With this number being trained, CHGME has helped stave off a full-blown crisis in the supply of pediatricians and pediatric specialists. While our country faces regional shortages of pediatricians, demand for specialty care still outstrips supply. In 2010, the National Association of Children's Hospitals and Related Institutions reported a national shortage among such pediatric specialties as neurology and developmental behavioral pediatrics.

The impact of the shortage is well known to many families who have already sought care for children who need evaluations for attention deficit disorder or autism, for example. A wait time of more than three months is too long for any child in need to wait. Without CHGME, the shortage crisis will only intensify, care will be delayed and wait times will increase.

Few people can fathom a time when we won't have enough pediatricians and pediatric specialists to care for our kids. Most figure that surely another program or effort will be able to protect the workforce that cares for children.

Don't be so sure.

There is great peril in eliminating the very program that has helped boost the number of providers - primary care and specialists - available to provide much-needed medical care for children. Even though free-standing children's teaching hospitals represent just 1 percent of all hospitals, they train more than 40 percent of general pediatricians, 43 percent of all pediatric specialists and the majority of pediatric researchers. More than 60 percent of all pediatric emergency physicians and all pediatric surgeons are trained in children's teaching hospitals receiving CHGME support. In FY 2008, children's hospitals and their affiliated pediatric departments conducted 20 percent of all NIH-sponsored pediatric research.

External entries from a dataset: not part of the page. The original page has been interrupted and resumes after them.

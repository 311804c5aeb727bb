-- ===== src/Notif/World.antt =====
-- The goroutines around a notification ring: committers that send after their critical section, and
-- waiters that receive or give up. A channel is made with room for one message.
use go_lab_netconf.Base.{ℕ, suc, String, List, [], ◌∷◌, ◌++◌, ◌≡◌}
use go_lab_netconf.Datastore.Yang.{Change}
use go_lab_netconf.Notif.{Ring, WaitResult, new, on_commit, wipe, wait, remove_waiter}

-- `next` is the channel that the next `make` gives, `pending` the sends that are left to do, and
-- `buffered` the messages that stand in channels.
pub record World : Type 0 where
  pub ring : Ring
  pub next : ℕ
  pub pending : List (ℕ × WaitResult)
  pub buffered : List (ℕ × WaitResult)

unfoldable pub start : ℕ → World
start n = record { ring = new n; next = 0; pending = []; buffered = [] }

unfoldable pub committed : World → String → String → List Change → World
committed w id profile changes =
    let (r, sends) = on_commit w.ring id profile changes in
    record w { ring = r; pending = w.pending ++ sends }

unfoldable pub wiped : World → World
wiped w = let (r, sends) = wipe w.ring in record w { ring = r; pending = w.pending ++ sends }

-- A call of `Wait`, which makes its channel first.
unfoldable pub waited : World → String → World
waited w q = record w { ring = (wait w.ring q w.next).1; next = suc w.next }

-- One step of a goroutine. Any send that is left may come next, whoever does it, since committers
-- run side by side; a waiter whose context ends takes itself off the ring.
pub data Step : World → World → Type 0 where
  commits :
      (w : World) (id profile : String) (changes : List Change)
      → Step w (committed w id profile changes)
  wipes : (w : World) → Step w (wiped w)
  waits : (w : World) (q : String) → Step w (waited w q)
  sends :
      (w : World) (front back : List (ℕ × WaitResult)) (m : ℕ × WaitResult)
      → w.pending ≡ front ++ m ∷ back
      → Step w (record w { pending = front ++ back; buffered = m ∷ w.buffered })
  receives :
      (w : World) (front back : List (ℕ × WaitResult)) (m : ℕ × WaitResult)
      → w.buffered ≡ front ++ m ∷ back
      → Step w (record w { buffered = front ++ back })
  gives_up : (w : World) (ch : ℕ) → Step w (record w { ring = remove_waiter w.ring ch })

-- The worlds that a ring of capacity `n` gets into.
pub data Reachable (n : ℕ) : World → Type 0 where
  starts : Reachable n (start n)
  steps : {w w' : World} → Reachable n w → Step w w' → Reachable n w'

CHGME is a program that is working. It is accomplishing exactly what it was designed to accomplish, has not created unintended consequences and, unlike many programs facing elimination, it's not redundant with existing programs. If CHGME goes away, we will still care for our children and we will seen an increase in the already long wait times that parents face in gaining access to care for their children.

There are truly difficult fiscal choices to be made right now and there are many worthy programs on the chopping block. The return on investment in CHGME has been great. It isn't fair to ask children, who are 24 percent of the nation's population, to sacrifice for the sake of a federal budget that only devotes 10 percent of its outlays to their needs. Surely there are other ways to tighten the nation's fiscal belt. Surely there are other ways to tighten the nation's fiscal belt.

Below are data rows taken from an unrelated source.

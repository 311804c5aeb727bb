-- ===== src/Notif/Channels.antt =====
-- internal/notif/ring.go: how often a waiter's channel, which is made with room for one message, is
-- sent to.
use go_lab_netconf.Base.{
  ℕ, suc, ◌+◌, ◌≤◌, String, List, [], ◌∷◌, ◌++◌, ◌≡◌, refl, ap, ◌∙◌, ◌==◌, if◌then◌else◌, arith,
}
use go_lab_netconf.Datastore.Yang.{Change}
use go_lab_netconf.Notif.{
  Waiter, WaitResult, Notification, found, failed, store_wiped, stream_netconf, new, take_waiters,
  sends_to, on_commit, wipe, wait, without, remove_waiter,
}
use go_lab_netconf.Notif.World.{
  World, start, committed, wiped, waited, Step, commits, wipes, waits, sends, receives, gives_up,
  Reachable, starts, steps,
}

-- How many of the waiters have the channel, and how many of the messages are for it.
unfoldable pub parked_on : ℕ → List Waiter → ℕ
parked_on ch [] = 0
parked_on ch (w ∷ ws) = (if w.ch == ch then 1 else 0) + parked_on ch ws

unfoldable pub sent_to : ℕ → List (ℕ × WaitResult) → ℕ
sent_to ch [] = 0
sent_to ch ((c, r) ∷ ms) = (if c == ch then 1 else 0) + sent_to ch ms

-- All that may still be, or has been, put into the channel.
abbrev pub uses : ℕ → World → ℕ
uses ch w = parked_on ch w.ring.waiters + sent_to ch w.pending + sent_to ch w.buffered

-- Every channel has at most one use, and one that is not made yet has none.
abbrev pub IsSingle : World → Type 0
IsSingle w = (ch : ℕ) → (uses ch w ≤ 1) × (w.next ≤ ch → uses ch w ≡ 0)

module _ (ch : ℕ) where
  sent_to-append :
      (ms ns : List (ℕ × WaitResult)) → sent_to ch (ms ++ ns) ≡ sent_to ch ms + sent_to ch ns
  unfolding sent_to
  sent_to-append [] ns = omega arith
  sent_to-append ((c, r) ∷ ms) ns = omega (arith, sent_to-append ms ns)

  parked_on-append :
      (vs ws : List Waiter) → parked_on ch (vs ++ ws) ≡ parked_on ch vs + parked_on ch ws
  unfolding parked_on
  parked_on-append [] ws = omega arith
  parked_on-append (v ∷ vs) ws = omega (arith, parked_on-append vs ws)

  sent_to-sends_to :
      (r : WaitResult) (ws : List Waiter) → sent_to ch (sends_to r ws) ≡ parked_on ch ws
  unfolding sent_to sends_to parked_on
  sent_to-sends_to r [] = refl
  sent_to-sends_to r (w ∷ ws) = omega (arith, sent_to-sends_to r ws)

  parked_on-take_waiters :
      (n : Notification) (ws : List Waiter)
      → parked_on ch (take_waiters n ws).0 + parked_on ch (take_waiters n ws).1 ≡ parked_on ch ws
  unfolding take_waiters parked_on
  parked_on-take_waiters n [] = refl
  parked_on-take_waiters n (w ∷ ws) = ground (arith, parked_on-take_waiters n ws)

  parked_on-without : (c : ℕ) (ws : List Waiter) → parked_on ch (without c ws) ≤ parked_on ch ws
  unfolding without parked_on
  parked_on-without c [] = omega arith
  parked_on-without c (w ∷ ws) = ground (arith, parked_on-without c ws)

  -- A commit moves uses from the ring to the sends that are left, and so does a wipe.
  uses-committed :
      (w : World) (id profile : String) (changes : List Change)
      → uses ch (committed w id profile changes) ≡ uses ch w
  unfolding committed on_commit
  uses-committed w id profile changes =
      let n : Notification = record {
        id = id;
        stream = stream_netconf;
        profile = profile;
        changes = changes;
      } in
      let taken = (take_waiters n w.ring.waiters).0 in
      omega (
        arith,
        sent_to-append w.pending (sends_to (found n) taken),
        sent_to-sends_to (found n) taken,
        parked_on-take_waiters n w.ring.waiters,
      )

  uses-wiped : (w : World) → uses ch (wiped w) ≡ uses ch w
  unfolding wiped wipe parked_on
  uses-wiped w = omega (
    arith,
    sent_to-append w.pending (sends_to (failed store_wiped) w.ring.waiters),
    sent_to-sends_to (failed store_wiped) w.ring.waiters,
  )

  uses-waited :
      (w : World) (q : String) → uses ch (waited w q) ≤ uses ch w + (if w.next == ch then 1 else 0)
  unfolding waited wait parked_on
  uses-waited w q =
      ground (arith, parked_on-append w.ring.waiters (record { q = q; ch = w.next } ∷ []))

  sent_to-picked :
      (front back : List (ℕ × WaitResult)) (c : ℕ) (r : WaitResult)
      → sent_to ch (front ++ (c, r) ∷ back)
        ≡ (if c == ch then 1 else 0) + sent_to ch (front ++ back)
  unfolding sent_to
  sent_to-picked front back c r =
      omega (arith, sent_to-append front ((c, r) ∷ back), sent_to-append front back)

  fewer_uses :
      (w w' : World)
      → uses ch w' ≤ uses ch w
      → w'.next ≡ w.next
      → (uses ch w ≤ 1) × (w.next ≤ ch → uses ch w ≡ 0)
      → (uses ch w' ≤ 1) × (w'.next ≤ ch → uses ch w' ≡ 0)
  fewer_uses w w' fewer same single = ground arith

-- A step keeps it.
Step-IsSingle : {w w' : World} → Step w w' → IsSingle w → IsSingle w'
unfolding sent_to
Step-IsSingle (commits w id profile changes) single ch =
    fewer_uses ch w (committed w id profile changes)
      (omega (arith, uses-committed ch w id profile changes)) (unfold committed in refl) (single ch)
Step-IsSingle (wipes w) single ch =
    fewer_uses ch w (wiped w) (omega (arith, uses-wiped ch w)) (unfold wiped in refl) (single ch)
Step-IsSingle (waits w q) single ch =
    let next_grown : (waited w q).next ≡ suc w.next = unfold waited in refl in
    let (one, fresh) = single ch in let used = uses-waited ch w q in ground arith
Step-IsSingle (sends w front back (c, r) p) single ch =
    let moved : sent_to ch w.pending ≡ (if c == ch then 1 else 0) + sent_to ch (front ++ back) =
      ap (sent_to ch) p ∙ sent_to-picked ch front back c r in
    fewer_uses ch w (record w { pending = front ++ back; buffered = (c, r) ∷ w.buffered })
      (omega arith) refl (single ch)
Step-IsSingle (receives w front back (c, r) p) single ch =
    let moved : sent_to ch w.buffered ≡ (if c == ch then 1 else 0) + sent_to ch (front ++ back) =
      ap (sent_to ch) p ∙ sent_to-picked ch front back c r in
    fewer_uses ch w (record w { buffered = front ++ back }) (ground arith) refl (single ch)
Step-IsSingle (gives_up w c) single ch =
    let fewer = parked_on-without ch c w.ring.waiters in
    fewer_uses ch w (record w { ring = remove_waiter w.ring c })
      (unfold remove_waiter in omega arith) refl (single ch)

pub reachable-IsSingle : {n : ℕ} {w : World} → Reachable n w → IsSingle w
unfolding start new parked_on sent_to
reachable-IsSingle starts ch = (omega arith, λ p. refl)
reachable-IsSingle (steps reached step) ch = Step-IsSingle step (reachable-IsSingle reached) ch

-- In every world that a ring gets into, the channel that a left send is for is empty, so the send
-- does not wait.
pub send_never_waits :
    {n : ℕ} {w : World} (front back : List (ℕ × WaitResult)) (ch : ℕ) (r : WaitResult)
    → Reachable n w
    → w.pending ≡ front ++ (ch, r) ∷ back
    → sent_to ch w.buffered ≡ 0
send_never_waits {w} front back ch r reached p =
    let picked = sent_to-picked ch front back ch r in
    let left : sent_to ch w.pending ≡ 1 + sent_to ch (front ++ back) =
      ap (sent_to ch) p ∙ (picked ∙ ground arith) in
    omega (arith, (reachable-IsSingle reached ch).0)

Peggy Troy is president and CEO of Children's Hospital of Wisconsin, located in Milwaukee. The 296-bed hospital is a Level I Trauma Center.

Troy currently serves on the board of the National Association of Children's Hospital and Related Institutions and on an advisory council for Child Health Corporation of America. She frequently has been invited to Washington, DC, to meet with public and elected officials regarding pediatric health care policy.

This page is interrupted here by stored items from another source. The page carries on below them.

module _ {A : Type 0} (nvcomp : Nvcomp A) (size_of : TypeId → ℕ) (junk : A) (t : Transport A)
    (mpi : Transport ℕ) (groups : ℕ → CommunicationGroup) (batch : Bool) (r : ℕ)
    (c : IsCollective groups r) (objects : ℕ → AllToAllCommunicator A)
    (communicated : ℕ → List (Leaf A)) (m : ℕ)
    (columns : (k : ℕ) → length (objects k).input_table ≡ m)
    (plain : (k i : ℕ)
      → method (get_or (objects k).compression_options i default_options)
        ≡ CompressionMethod.none) where
  abbrev column : ℕ → ℕ → Leaf A
  column k i = get_or (objects k).input_table i (no_column size_of junk)

  abbrev buffers : ℕ → List (AllToAllCommBuffer A)
  buffers k = append_to_all_to_all_comm_buffers size_of junk (objects k) (communicated k)

  buffers_plain :
      (k b : ℕ)
      → (nth nvcomp size_of junk (buffers k) b).compression_method ≡ CompressionMethod.none
  unfolding append_to_all_to_all_comm_buffers
  buffers_plain k b =
      any_entry (λ (b : AllToAllCommBuffer A). b.compression_method ≡ CompressionMethod.none) _ _ 0
        (length (objects k).input_table) b (plain k) refl

  length-buffers : (k : ℕ) → length (buffers k) ≡ m
  unfolding append_to_all_to_all_comm_buffers
  length-buffers k =
      length-map _ (range 0 (length (objects k).input_table)) ∙ length-range 0 _ ∙ columns k

  -- What is sent of column `b`, and how it is received.
  abbrev sent : ℕ → ℕ → Wire A
  sent k b = record {
    items = (column k b).items;
    send_offsets = (objects k).send_offsets;
    recv_offsets = (objects k).recv_offsets;
    item_size = size_of (column k b).dtype;
  }

  abbrev the_wires : ℕ → ℕ → Wire A
  the_wires = wires nvcomp size_of junk t mpi groups batch false buffers r c

  wire_at : (k b : ℕ) → b < m → the_wires k b ≡ sent k b
  unfolding append_to_all_to_all_comm_buffers
  wire_at k b h =
      ap (wire_by nvcomp size_of junk CompressionMethod.none) (
        get_or-map-range _ (no_buffer nvcomp size_of junk) 0 (length (objects k).input_table) b
          (omega (arith, columns k)))
      ∙ ap (sent k) {x = 0 + b} {y = b} (omega arith)

  abbrev me : ℕ
  me = get_local_idx (groups r)

  abbrev n : ℕ
  n = size (groups r)

  abbrev member : ℕ → ℕ
  member i = get_global_rank (groups r) i

  abbrev counts : List ℕ
  counts = counts_for mpi groups (λ k. (objects k).send_offsets) r c

  -- What member `i` has for this rank in column `b`.
  abbrev pub rows_from : ℕ → ℕ → List A
  rows_from b i =
      slice (column (member i) b).items
        (get_or (objects (member i)).send_offsets me 0 * size_of (column (member i) b).dtype)
        (diffs (objects (member i)).send_offsets me * size_of (column (member i) b).dtype)

  module _ (received : (objects r).recv_offsets ≡ offsets_of 0 counts)
      (allocated : communicated r ≡ allocate_communicated_table size_of junk (groups r) (objects r))
      (copying : (objects r).explicit_copy_to_current_rank ≡ true)
      (same_types : (k b : ℕ) → b < m → (column k b).dtype ≡ (column r b).dtype)
      (rows_fit : (i b : ℕ)
        → i < n
        → b < m
        → get_or (objects (member i)).send_offsets me 0 * size_of (column (member i) b).dtype
            + diffs (objects (member i)).send_offsets me * size_of (column (member i) b).dtype
          ≤ length (column (member i) b).items) where
    length-counts : length counts ≡ n
    length-counts = length-map _ (range 0 n) ∙ length-range 0 n

    -- The places for the rows of member `i` are as many as its rows.
    count_at :
        (i : ℕ)
        → i < n
        → diffs (objects r).recv_offsets i ≡ diffs (objects (member i)).send_offsets me
    count_at i h =
        ap (λ o. diffs o i) received
        ∙ diffs-offsets_of 0 counts i (omega (arith, length-counts))
        ∙ get_or-map-range (λ i. diffs (objects (member i)).send_offsets me) 0 0 n i h
        ∙ ap (λ i. diffs (objects (member i)).send_offsets me) {x = 0 + i} {y = i} (omega arith)

    climbs :
        (k : ℕ)
        → k < n
        → get_or (objects r).recv_offsets k 0 ≤ get_or (objects r).recv_offsets (k + 1) 0
    climbs k h =
        subst (λ o. get_or o k 0 ≤ get_or o (k + 1) 0) (sym received)
          (offsets_climb counts k (omega (arith, length-counts)))

    last_at : last_or (objects r).recv_offsets 0 ≡ get_or (objects r).recv_offsets n 0
    last_at =
        ap (λ o. last_or o 0) received
        ∙ offsets_last counts
        ∙ ap₂ (λ o k. get_or o k 0) (sym received) length-counts

    piece_rows :
        (b i : ℕ)
        → b < m
        → piece t groups batch false (length (buffers r)) the_wires r c b i ≡ rows_from b i
    piece_rows b i h =
        ap
          (λ (x : Wire A).
            slice x.items (get_or x.send_offsets me 0 * x.item_size)
              (diffs x.send_offsets me * x.item_size))
          (wire_at (member i) b h)

    alike :
        (b i : ℕ)
        → b < length (buffers r)
        → i < n
        → length (piece t groups batch false (length (buffers r)) the_wires r c b i)
          ≡ diffs (the_wires r b).recv_offsets i * (the_wires r b).item_size
    alike b i h q =
        let b_in : b < m = omega (arith, length-buffers r) in
        ap length (piece_rows b i b_in)
        ∙ length-slice (column (member i) b).items _ _ (rows_fit i b q b_in)
        ∙ ap₂ (λ (x y : ℕ). x * y) (sym (count_at i q)) (ap size_of (same_types (member i) b b_in))
        ∙ ap (λ (x : Wire A). diffs x.recv_offsets i * x.item_size) (sym (wire_at r b b_in))

    abbrev the_held : List (List A)
    the_held = held nvcomp size_of junk t mpi groups batch false buffers r c

    held_at :
        (b : ℕ)
        → b < m
        → get_or the_held b [] ≡ (get_or (communicated r) b (no_column size_of junk)).items
    unfolding append_to_all_to_all_comm_buffers
    held_at b h =
        get_or-map (λ b. b.recv_buffer) (buffers r) b (no_buffer nvcomp size_of junk) []
          (omega (arith, length-buffers r))
        ∙ ap (λ (b : AllToAllCommBuffer A). b.recv_buffer)
            (get_or-map-range _ (no_buffer nvcomp size_of junk) 0 (length (objects r).input_table) b
              (omega (arith, columns r)))
        ∙ ap (λ b. (get_or (communicated r) b (no_column size_of junk)).items) {x = 0 + b} {y = b}
            (omega arith)

    -- The rank's own part ends in the allocated table, and its own rows in the input.
    own_ends :
        get_or (objects r).recv_offsets me 0 + diffs (objects r).recv_offsets me
        ≤ last_or (objects r).recv_offsets 0
    own_ends =
        let below : get_or (objects r).recv_offsets (me + 1) 0
            ≤ get_or (objects r).recv_offsets n 0 =
          subst (λ o. get_or o (me + 1) 0 ≤ get_or o n 0) (sym received)
            (subst (λ k. get_or (offsets_of 0 counts) (me + 1) 0 ≤ get_or (offsets_of 0 counts) k 0)
              length-counts
              (offsets_below counts (n - (me + 1)) (me + 1)
                (omega (arith, length-counts, c.me_in)))) in
        omega (arith, climbs me c.me_in, last_at)

    own_count : diffs (objects r).recv_offsets me ≡ diffs (objects r).send_offsets me
    own_count = count_at me c.me_in ∙ ap (λ k. diffs (objects k).send_offsets me) c.me_at

    own_fits :
        (b : ℕ)
        → b < m
        → get_or (objects r).send_offsets me 0 * size_of (column r b).dtype
            + diffs (objects r).recv_offsets me * size_of (column r b).dtype
          ≤ length (column r b).items
    own_fits b h =
        subst
          (λ v.
            get_or (objects r).send_offsets me 0 * size_of (column r b).dtype
              + v * size_of (column r b).dtype
            ≤ length (column r b).items)
          (sym own_count)
          (subst
            (λ k.
              get_or (objects k).send_offsets me 0 * size_of (column k b).dtype
                + diffs (objects k).send_offsets me * size_of (column k b).dtype
              ≤ length (column k b).items)
            c.me_at (rows_fit me b c.me_in h))

    in_table : (b : ℕ) → b < m → b < length (objects r).input_table
    in_table b h = omega (arith, columns r)

    fits : (b : ℕ) → b < length (buffers r) → Fits n (the_wires r b) (get_or the_held b [])
    fits b h =
        let b_in : b < m = omega (arith, length-buffers r) in
        subst (λ x. Fits n x (get_or the_held b [])) (sym (wire_at r b b_in))
          (record {
            first = ap (λ o. get_or o 0 0) received;
            climbs = climbs;
            whole =
                ap length (
                  held_at b b_in
                  ∙ ap (λ table. (get_or table b (no_column size_of junk)).items) allocated)
                ∙ length-allocate_communicated_table size_of junk (groups r) (objects r) b
                    (in_table b b_in) copying own_ends (own_fits b b_in)
                ∙ ap (λ v. v * size_of (column r b).dtype) last_at;
          })

    -- The rows that are not exchanged are those that were copied.
    own_rows :
        (b : ℕ)
        → b < m
        → slice
            (get_or the_held b [])
            (get_or (the_wires r b).recv_offsets me 0 * (the_wires r b).item_size)
            (diffs (the_wires r b).recv_offsets me * (the_wires r b).item_size)
          ≡ rows_from b me
    own_rows b h =
        ap₂
          (λ items (x : Wire A).
            slice items (get_or x.recv_offsets me 0 * x.item_size)
              (diffs x.recv_offsets me * x.item_size))
          (held_at b h ∙ ap (λ table. (get_or table b (no_column size_of junk)).items) allocated)
          (wire_at r b h)
        ∙ own_rows_copied size_of junk (groups r) (objects r) b (in_table b h) copying own_ends
            (own_fits b h)
        ∙ ap
            (λ v.
              slice (column r b).items
                (get_or (objects r).send_offsets me 0 * size_of (column r b).dtype)
                (v * size_of (column r b).dtype))
            own_count
        ∙ ap
            (λ k.
              slice (column k b).items
                (get_or (objects k).send_offsets me 0 * size_of (column k b).dtype)
                (diffs (objects k).send_offsets me * size_of (column k b).dtype))
            (sym c.me_at)

    abbrev items_at : ℕ → List A
    items_at =
        plain_items nvcomp size_of junk t mpi groups batch false buffers r c buffers_plain
          (λ k. length-buffers k ∙ sym (length-buffers r)) fits alike

    items_lem : (b : ℕ) → b < m → items_at b ≡ flat_map (rows_from b) (range 0 n)
    items_lem b h = flat_map-range_ext _ (rows_from b) 0 n (λ k _ q.
        elim (Bool-cases (r == member k)) [
          | inl mine ↦
              let at : k ≡ me =
                c.distinct k me (sym ((==_iff r (member k)).0 mine) ∙ sym c.me_at) in
              if_true _ _ mine
              ∙ ap
                  (λ k.
                    slice (get_or the_held b [])
                      (get_or (the_wires r b).recv_offsets k 0 * (the_wires r b).item_size)
                      (diffs (the_wires r b).recv_offsets k * (the_wires r b).item_size))
                  at
              ∙ own_rows b h
              ∙ ap (rows_from b) (sym at)
          | inr other ↦ if_false _ _ other ∙ piece_rows b k h
        ])

    abbrev after_exchange : ℕ → AllToAllCommBuffer A
    after_exchange b = record (nth nvcomp size_of junk (buffers r) b) { recv_buffer = items_at b }

    postprocess_plain :
        (xs : List ℕ)
        → postprocess_all_to_all_comm nvcomp size_of junk (groups r) r false (map after_exchange xs)
          ≡ some (map after_exchange xs)
    unfolding postprocess_all_to_all_comm
    postprocess_plain [] = refl
    postprocess_plain (x ∷ xs) =
        ap₂ (λ o o'. o >>= λ y. o' >>= λ ys. some (y ∷ ys))
          (ap
            (λ method.
              postprocess_by nvcomp size_of junk method (after_exchange x)
                (postprocess_buffer nvcomp size_of junk (groups r) r false (after_exchange x)))
            (buffers_plain r x))
          (postprocess_plain xs)

    dtype_at : (b : ℕ) → b < m → (nth nvcomp size_of junk (buffers r) b).dtype ≡ (column r b).dtype
    unfolding append_to_all_to_all_comm_buffers
    dtype_at b h =
        ap (λ (b : AllToAllCommBuffer A). b.dtype)
          (get_or-map-range _ (no_buffer nvcomp size_of junk) 0 (length (objects r).input_table) b
            (in_table b h))
        ∙ ap (λ b. (column r b).dtype) {x = 0 + b} {y = b} (omega arith)

    -- `launch_communication` returns the table whose columns hold the rows that the members of the
    -- group have for this rank, in the order of the members.
    pub launch_communication_lem :
        launch_communication size_of junk nvcomp t mpi groups batch objects communicated r
        ≡ some (
            map
              (λ b. record {
                dtype = (column r b).dtype;
                items = flat_map (rows_from b) (range 0 n);
              })
              (range 0 m))
    unfolding launch_communication
    launch_communication_lem =
        ap
          (λ include.
            all_to_all_comm nvcomp size_of junk t mpi groups batch include buffers r
            >>= finish include)
          (ap not copying)
        ∙ ap (λ o. o >>= finish false)
            (all_to_all_comm_plain nvcomp size_of junk t mpi groups batch false buffers r c
              buffers_plain (λ k. length-buffers k ∙ sym (length-buffers r)) fits alike)
        ∙ ap (λ o. o >>= λ done. some (map leaf done))
            (postprocess_plain (range 0 (length (buffers r))))
        ∙ ap some (
            map-map leaf after_exchange (range 0 (length (buffers r)))
            ∙ ap (λ k. map (λ b. leaf (after_exchange b)) (range 0 k)) (length-buffers r)
            ∙ map-range_ext _ _ 0 m (λ b _ h.
              ap₂ (λ d (xs : List A). record { dtype = d; items = xs }) (dtype_at b (omega arith))
                (items_lem b (omega arith))))
      where
        leaf : AllToAllCommBuffer A → Leaf A
        leaf b = record { dtype = b.dtype; items = b.recv_buffer }

        finish : Bool → List (AllToAllCommBuffer A) → Option (List (Leaf A))
        finish include bs =
            postprocess_all_to_all_comm nvcomp size_of junk (groups r) r include bs >>= λ done.
            some (map leaf done)
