-- ===== src/Examples/Requests.antt =====
-- Calls of the typed API at concrete values (src/api).
use smspool_sdk.Prelude.{◌≡◌, some, arith}
use smspool_sdk.Api.Sms.Requests.{
  HistoryRequest, PurchaseFields, purchase_fields, highest_success_rate, encode_history,
}
use smspool_sdk.Api.Sms.Requests.Laws.{decode_history, decode_history-encode_history}
use smspool_sdk.Api.Sms.Calls
use smspool_sdk.Api.Calls.{sms_purchase_call}
use smspool_sdk.Api.Passing.{Passes, api_call-Passes}
use smspool_sdk.Examples.Crates.{Document}
use smspool_sdk.Prelude.{String}

abbrev request : HistoryRequest
request = record { start = 20; length = 10; search = "code" }

decode_history-encode_history_example : decode_history (encode_history request) ≡ some request
decode_history-encode_history_example =
    decode_history-encode_history request (omega arith) (omega arith)

abbrev order : PurchaseFields String
order =
    let base = purchase_fields (record { as_str = "US" }) (record { as_str = "1" }) in
    record base {
      pool = some (record { as_str = "3" });
      pricing_option = some highest_success_rate;
      max_price = some "0.24";
    }

api_call-Passes_example : Passes Document (Calls.purchase (λ price. price) order)
api_call-Passes_example =
    api_call-Passes Document (Calls.purchase (λ price. price) order)
      (sms_purchase_call (λ price. price) order)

Previous roles include executive vice president and COO of Methodist Le Bonheur Healthcare in Memphis, Tenn., president and CEO of Le Bonheur Children's Medical Center, also in Memphis, and president of Cook Children's Medical Center in Ft. Worth, Texas.

Photo caption: Peggy Troy, President and CEO of Wisconsin's Children's Hospital and Health System, testified in 2010 in Washington D.C. in front of Chairman David Obey and the House Appropriations Subcommittee on Labor, Health and Human Services, Education and Related Agencies on the topic of Children's Hospitals Graduate Medical Education. She has spoken on numerous occasions on behalf of the National Association of Children's Hospitals and the 60 independent children's teaching hospitals that qualify for this program. Photo courtesy of National Association of Children's Hospitals and Related Institutions.